Go through the listing below and show each line that has the word "ground".
Content starts
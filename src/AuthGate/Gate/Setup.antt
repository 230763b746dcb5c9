-- ===== src/AuthGate/Gate/Setup.antt =====
-- From the first password to a served request.
use router_docker.Prelude.{
  ℕ, ◌+◌, ◌*◌, ◌/◌, ◌^◌, ◌≤◌, ◌<◌, ◌≡◌, refl, ap, ◌∙◌, true, false, not, Option, none, some,
  is_empty, Error, Result, ok, err, arith, Bool-cases, inl, inr, ◌⊎◌, io, no_store_path,
  already_configured, bad_setup_token,
}
use router_docker.Text.{Bytes, equal, is_some}
use router_docker.Text.Laws.{equal_refl, equal_iff}
use router_docker.AuthGate.Attempts.{rate_limited}
use router_docker.AuthGate.Password.{
  IsCodec, hash_password, verify_password, verify_password-hash_password,
}
use router_docker.AuthGate.Token.{issue_token, second, session_ttl, unlocked_until, refresh_cookie}
use router_docker.AuthGate.Token.Mint.{IsSigning}
use router_docker.AuthGate.Token.Session.{typed, Session-unlocked_until}
use router_docker.AuthGate.Gate.{
  Machine, Gate, served, read_stored_hash, write_stored_hash, current_hash, configured,
  normalize_setup_token, setup_password, finish_unlock, check_unlock, try_unlock, require_password,
  note_success,
}

-- What the libraries document.
pub record IsMachine (m : Machine) : Type 0 where
  pub codec : IsCodec m.codec
  pub signing : IsSigning m.signing
  pub unmarshal-marshal : (h : Bytes) → m.unmarshal (m.marshal h) ≡ some h

module _ (m : Machine) where
  -- a gate that holds the hash of a password, in its file
  abbrev Holds : Bytes → Bytes → Gate → Type 0
  Holds salt plaintext g = current_hash m g ≡ hash_password m.codec salt plaintext

  -- what a first password leaves behind
  abbrev pub stored_first : Bytes → Bytes → Bytes → Gate → Gate
  stored_first salt fresh plaintext g = record g {
    stored = some (m.marshal (hash_password m.codec salt plaintext));
    setup_token = fresh;
    token_announced = false;
  }

  configured-env : (g : Gate) → configured m g ≡ false → is_empty g.env_hash ≡ true
  unfolding configured current_hash
  configured-env g h = ground arith

  -- `SetupPassword` fails and changes nothing, or it stores the hash of the password and a new
  -- setup token; and then no password was configured before, and the caller knew the setup token,
  -- up to surrounding blanks and upper case.
  pub setup_password-cases :
      (salt fresh token plaintext : Bytes) (g : Gate)
      → ((x : Error) × (setup_password m salt fresh token plaintext g ≡ (err x, g)))
        ⊎ ((setup_password m salt fresh token plaintext g
              ≡ (ok tt, stored_first salt fresh plaintext g))
            × (configured m g ≡ false)
            × (is_empty g.store_path ≡ false)
            × (normalize_setup_token m token ≡ g.setup_token))
  unfolding setup_password write_stored_hash
  setup_password-cases salt fresh token plaintext g = elim (Bool-cases (is_empty g.store_path)) [
    | inl none_set ↦ inl (no_store_path, simp none_set refl)
    | inr path ↦ elim (Bool-cases (configured m g)) [
      | inl known ↦ inl (already_configured, simp (path, known) refl)
      | inr unknown ↦ elim (Bool-cases (equal (normalize_setup_token m token) g.setup_token)) [
        | inr wrong ↦ inl (bad_setup_token, simp (path, unknown, wrong) refl)
        | inl right ↦ elim (Bool-cases m.write_ok) [
          | inr bad ↦ inl (io, simp (path, unknown, right, bad) refl)
          | inl fine ↦ inr (
            simp (path, unknown, right, fine) refl,
            unknown,
            path,
            (equal_iff (normalize_setup_token m token) g.setup_token).0 right,
          )
        ]
      ]
    ]
  ]

  stored_first-Holds :
      (salt fresh plaintext : Bytes) (g : Gate)
      → IsMachine m
      → configured m g ≡ false
      → is_empty g.store_path ≡ false
      → Holds salt plaintext (stored_first salt fresh plaintext g)
  unfolding current_hash read_stored_hash
  stored_first-Holds salt fresh plaintext g h unknown path =
      simp
        (configured-env g unknown, path, h.unmarshal-marshal (hash_password m.codec salt plaintext))
        refl

  hash_password-cons :
      (salt plaintext : Bytes) → is_empty (hash_password m.codec salt plaintext) ≡ false
  unfolding hash_password
  hash_password-cons salt plaintext = refl

  verify-right :
      (salt plaintext : Bytes)
      → IsMachine m
      → verify_password m.codec true plaintext (hash_password m.codec salt plaintext) ≡ ok true
  verify-right salt plaintext h =
      verify_password-hash_password m.codec salt plaintext plaintext h.codec
      ∙ ap ok (equal_refl (m.codec.id_key plaintext salt 3 (64 * 1024) 2 32))

  try_unlock-Holds :
      (salt plaintext key : Bytes) (now later : ℕ) (g : Gate)
      → IsMachine m
      → Holds salt plaintext g
      → rate_limited now key g.attempts ≡ none
      → try_unlock m now later true key plaintext g
        ≡ (ok (some (issue_token m.signing later)), note_success m key g)
  unfolding try_unlock check_unlock finish_unlock
  try_unlock-Holds salt plaintext key now later g h holds free =
      rw holds
        (rw (hash_password-cons salt plaintext) (rw free (rw (verify-right salt plaintext h) refl)))

  -- the requests that carry a token just issued
  issued-served :
      (salt plaintext key : Bytes) (later at : ℕ) (g : Gate)
      → IsMachine m
      → Holds salt plaintext g
      → later < 2 ^ 63
      → later ≤ at
      → at < (later / second + session_ttl) * second
      → (r : Option Bytes) × (require_password m at
            (some (issue_token m.signing later))
            (note_success m key g)
          ≡ served r)
  unfolding require_password
  issued-served salt plaintext key later at g h holds small le soon =
      let known : configured m (note_success m key g) ≡ true =
        unfold configured current_hash in rw holds (ap not (hash_password-cons salt plaintext)) in
      let live : is_some (unlocked_until m.signing at (some (issue_token m.signing later))) ≡ true =
        rw (Session-unlocked_until m.signing h.signing small le typed) (ground arith) in
      (refresh_cookie m.signing at (some (issue_token m.signing later)), rw known (rw live refl))

  -- After `SetupPassword` has answered without an error, `TryUnlock` with that password issues a
  -- token to any caller that is not locked out, when a verification slot is free; and
  -- `RequirePassword` serves the requests that carry the token, from then on for fifteen minutes
  -- counted from the second of its issue; where the libraries behave as documented and the time of
  -- issue is below 2^63 nanoseconds.
  pub setup_password-served :
      (salt fresh token plaintext key : Bytes) (now later at : ℕ) (g : Gate)
      → IsMachine m
      → (setup_password m salt fresh token plaintext g).0 ≡ ok tt
      → rate_limited now key g.attempts ≡ none
      → later < 2 ^ 63
      → later ≤ at
      → at < (later / second + session_ttl) * second
      → (let after : Gate = (setup_password m salt fresh token plaintext g).1 in
          let unlocked : Result (Option Bytes) × Gate =
            try_unlock m now later true key plaintext after in
          (cookie : Bytes) × (unlocked.0 ≡ ok (some cookie))
          × (r : Option Bytes) × (require_password m at (some cookie) unlocked.1 ≡ served r))
  setup_password-served salt fresh token plaintext key now later at g h e free small le soon =
      elim (setup_password-cases salt fresh token plaintext g) [
        | inl (x, failed) ↦ cc
        | inr (done, unknown, path, known) ↦
            let holds = stored_first-Holds salt fresh plaintext g h unknown path in
            let after = stored_first salt fresh plaintext g in
            rw done (
              rw (try_unlock-Holds salt plaintext key now later after h holds free) (
                let (r, e2) =
                  issued-served salt plaintext key later at after h holds small le soon in
                (issue_token m.signing later, refl, r, e2)))
      ]
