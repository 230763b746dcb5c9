-- ===== src/DevProxy.antt =====
-- backend/internal/devproxy: Dev Proxy exposes, kept as one Caddyfile fragment each.
pub mod ForwardAuth
pub mod Fragment
pub mod Validate
pub mod Store
pub mod Normalize
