-- ===== src/DevProxy/Normalize.antt =====
-- backend/internal/devproxy/normalize.go: `Normalize`, the repair of the fragments at start-up.
use router_docker.Prelude.{◌≡◌, true, List, Result, ok, if◌then◌else◌}
use router_docker.Text.{Bytes, contains}
use router_docker.Fragments.{System}
use router_docker.Fragments.Files.{Dir, lookup}
use router_docker.Fragments.Laws.{IsReliable}
use router_docker.Fragments.Normalize as Loop
use router_docker.Fragments.Normalize.{Repair, is_distinct, settled, normalize_names-settled}
use router_docker.DevProxy.Fragment.{render, parse_structured}

unfoldable pub normalize : System → Result (List Bytes) → Dir → Repair
unfolding Loop.normalize
normalize sys listed d = Loop.normalize sys parse_structured render listed d

-- On a system whose reads and writes do not fail, `Normalize` over a listing of distinct names
-- reports no error, turns each listed fragment that `parseStructured` reads into what `Render`
-- writes for it, and leaves every other fragment, and every text that does not parse, as it is.
pub normalize-settled :
    (sys : System) (names : List Bytes) (j : Bytes) (d : Dir)
    → IsReliable sys
    → is_distinct names ≡ true
    → ((normalize sys (ok names) d).0.1 ≡ ok tt)
      × (lookup j (normalize sys (ok names) d).1 ≡ (
          if contains names j
          then settled sys parse_structured render j (lookup j d)
          else lookup j d))
unfolding normalize
normalize-settled sys names j d r u =
    normalize_names-settled sys parse_structured render names j d r u
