-- ===== src/Dns.antt =====
-- backend/internal/dns: the block lists, the custom hosts, the resolver and the query tool of the
-- DNS forwarder.
pub mod Hosts
pub mod Listing
pub mod System
pub mod Manifest
pub mod Sources
pub mod Query
pub mod CustomHosts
Content ends
### [SOLUTION TO THE EXERCISE]
  configured-env g h = ground arith
        rw (Session-unlocked_until m.signing h.signing small le typed) (ground arith) in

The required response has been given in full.